INSTRUCTIONS FOR THE TASK
Which lines of the entries below run from the one holding "heap) p ≡ false" to the one holding "get-update_peer_other f zero zero", inclusive? Set down exactly those lines and no others.
______
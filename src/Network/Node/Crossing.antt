-- ===== src/Network/Node/Crossing.antt =====
-- Two nodes that dial one another at the same time.
use forgechain.Prelude.{
  zero, suc, ap, ℕ, List, [], ◌∷◌, Option-cases, get_elem?, subst, ◌&&◌, ◌==◌, ◌≡◌, ◌≢◌, refl, Bool,
  true, false, not, some, Bytes, Bool-cases, inl, inr, arith,
}
use forgechain.Network.Handshake.{VersionInfo}
use forgechain.Network.Node.State.{Peer, PeerEntry, PeerPtr, Node, alive_in, update_peer}
use forgechain.Network.Node.Peers.{at_in, find_duplicate, keep_new, settle_duplicate}

-- What a node decides about a further connection to a node that it has the connection `p` with, and
-- what becomes of `p`: it lives on just when the further one is refused. No other connection changes.
abbrev pub Settles : PeerPtr → Node → Bool × Node → Bool → Type 0
Settles p node decision accepted =
    (decision.0 ≡ accepted)
    × (alive_in decision.1.heap p ≡ not accepted)
    × ((q : PeerPtr) → q ≢ p → get_elem? decision.1.heap q ≡ get_elem? node.heap q)
    × (decision.1 ≡ record node { heap = decision.1.heap })

alive-mark_dead :
    (p : PeerPtr) (heap : List Peer)
    → alive_in (update_peer (λ peer. record peer { alive = false }) p heap) p ≡ false
unfolding update_peer
alive-mark_dead p [] = refl
alive-mark_dead zero (peer ∷ heap) = refl
alive-mark_dead (suc p) (peer ∷ heap) = alive-mark_dead p heap

get-update_peer_other :
    (f : Peer → Peer) (p q : PeerPtr) (heap : List Peer)
    → q ≢ p
    → get_elem? (update_peer f p heap) q ≡ get_elem? heap q
unfolding update_peer
get-update_peer_other f p q [] other = refl
get-update_peer_other f zero zero (peer ∷ heap) other = absurd (other refl)
get-update_peer_other f zero (suc q) (peer ∷ heap) other = refl
get-update_peer_other f (suc p) zero (peer ∷ heap) other = refl
get-update_peer_other f (suc p) (suc q) (peer ∷ heap) other =
    get-update_peer_other f p q heap λ e. other (ap suc e)

find_duplicate-alive :
    (heap : List Peer) (host : Bytes) (port : ℕ) (entries : List PeerEntry) {p : PeerPtr}
    → find_duplicate heap host port entries ≡ some p
    → alive_in heap p ≡ true
unfolding find_duplicate at_in
find_duplicate-alive heap host port [] e = cc
find_duplicate-alive heap host port (entry ∷ entries) {p} e =
    elim (Bool-cases (at_in heap host port entry.peer && not (port == 0))) [
      | inl same ↦ elim (Option-cases (get_elem? heap entry.peer)) [
        | inl gone ↦ ground arith
        | inr (peer, at) ↦ ground (arith, at, same)
      ]
      | inr other ↦ find_duplicate-alive heap host port entries (rw other at e)
    ]

settled :
    (host : Bytes) (incoming : VersionInfo) (is_outbound : Bool) (node : Node) {p : PeerPtr}
    → find_duplicate node.heap host incoming.listen_port node.peers ≡ some p
    → Settles p node
        (settle_duplicate host incoming is_outbound node)
        (keep_new node.info.node_id incoming.node_id is_outbound)
unfolding settle_duplicate
settled host incoming is_outbound node {p} found =
    elim (Bool-cases (keep_new node.info.node_id incoming.node_id is_outbound)) [
      | inl keep ↦
          rw (found, keep, settle_duplicate)
            (
              refl,
              alive-mark_dead p node.heap,
              λ q other. get-update_peer_other _ p q node.heap other,
              refl,
            )
      | inr drop ↦
          rw (found, drop, settle_duplicate)
            (
              refl,
              find_duplicate-alive node.heap host incoming.listen_port node.peers found,
              λ q other. refl,
              refl,
            )
    ]

-- Two nodes with different ids that each have a living connection to the other already. A further
-- connection that the first dials is accepted by both or by neither, and one that the second dials by
-- both in the other case. A side that accepts closes the connection that it had, and nothing else; a
-- side that refuses keeps it alive. So of two crossing connections the same one survives on both sides.
pub settle_duplicate-agrees :
    (a b : Node) (host_of_a host_of_b : Bytes) (info_a info_b : VersionInfo) {p q : PeerPtr}
    → info_a.node_id ≡ a.info.node_id
    → info_b.node_id ≡ b.info.node_id
    → a.info.node_id ≢ b.info.node_id
    → find_duplicate a.heap host_of_b info_b.listen_port a.peers ≡ some p
    → find_duplicate b.heap host_of_a info_a.listen_port b.peers ≡ some q
    → (first_wins : Bool) × Settles p a (settle_duplicate host_of_b info_b true a) first_wins
      × Settles q b (settle_duplicate host_of_a info_a false b) first_wins
      × Settles p a (settle_duplicate host_of_b info_b false a) (not first_wins)
      × Settles q b (settle_duplicate host_of_a info_a true b) (not first_wins)
unfolding keep_new
settle_duplicate-agrees a b host_of_a host_of_b info_a info_b {p} {q} ea eb other fa fb =
    let first_wins = keep_new a.info.node_id info_b.node_id true in
    let e1 : keep_new b.info.node_id info_a.node_id false ≡ first_wins = ground arith in
    let e2 : keep_new a.info.node_id info_b.node_id false ≡ not first_wins = ground arith in
    let e3 : keep_new b.info.node_id info_a.node_id true ≡ not first_wins = ground arith in
    (
      first_wins,
      settled host_of_b info_b true a fa,
      subst (Settles q b _) e1 (settled host_of_a info_a false b fb),
      subst (Settles p a _) e2 (settled host_of_b info_b false a fa),
      subst (Settles q b _) e3 (settled host_of_a info_a true b fb),
    )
______
RESULT
    → alive_in (update_peer (λ peer. record peer { alive = false }) p heap) p ≡ false
unfolding update_peer
alive-mark_dead p [] = refl
alive-mark_dead zero (peer ∷ heap) = refl
alive-mark_dead (suc p) (peer ∷ heap) = alive-mark_dead p heap

get-update_peer_other :
    (f : Peer → Peer) (p q : PeerPtr) (heap : List Peer)
    → q ≢ p
    → get_elem? (update_peer f p heap) q ≡ get_elem? heap q
unfolding update_peer
get-update_peer_other f p q [] other = refl
get-update_peer_other f zero zero (peer ∷ heap) other = absurd (other refl)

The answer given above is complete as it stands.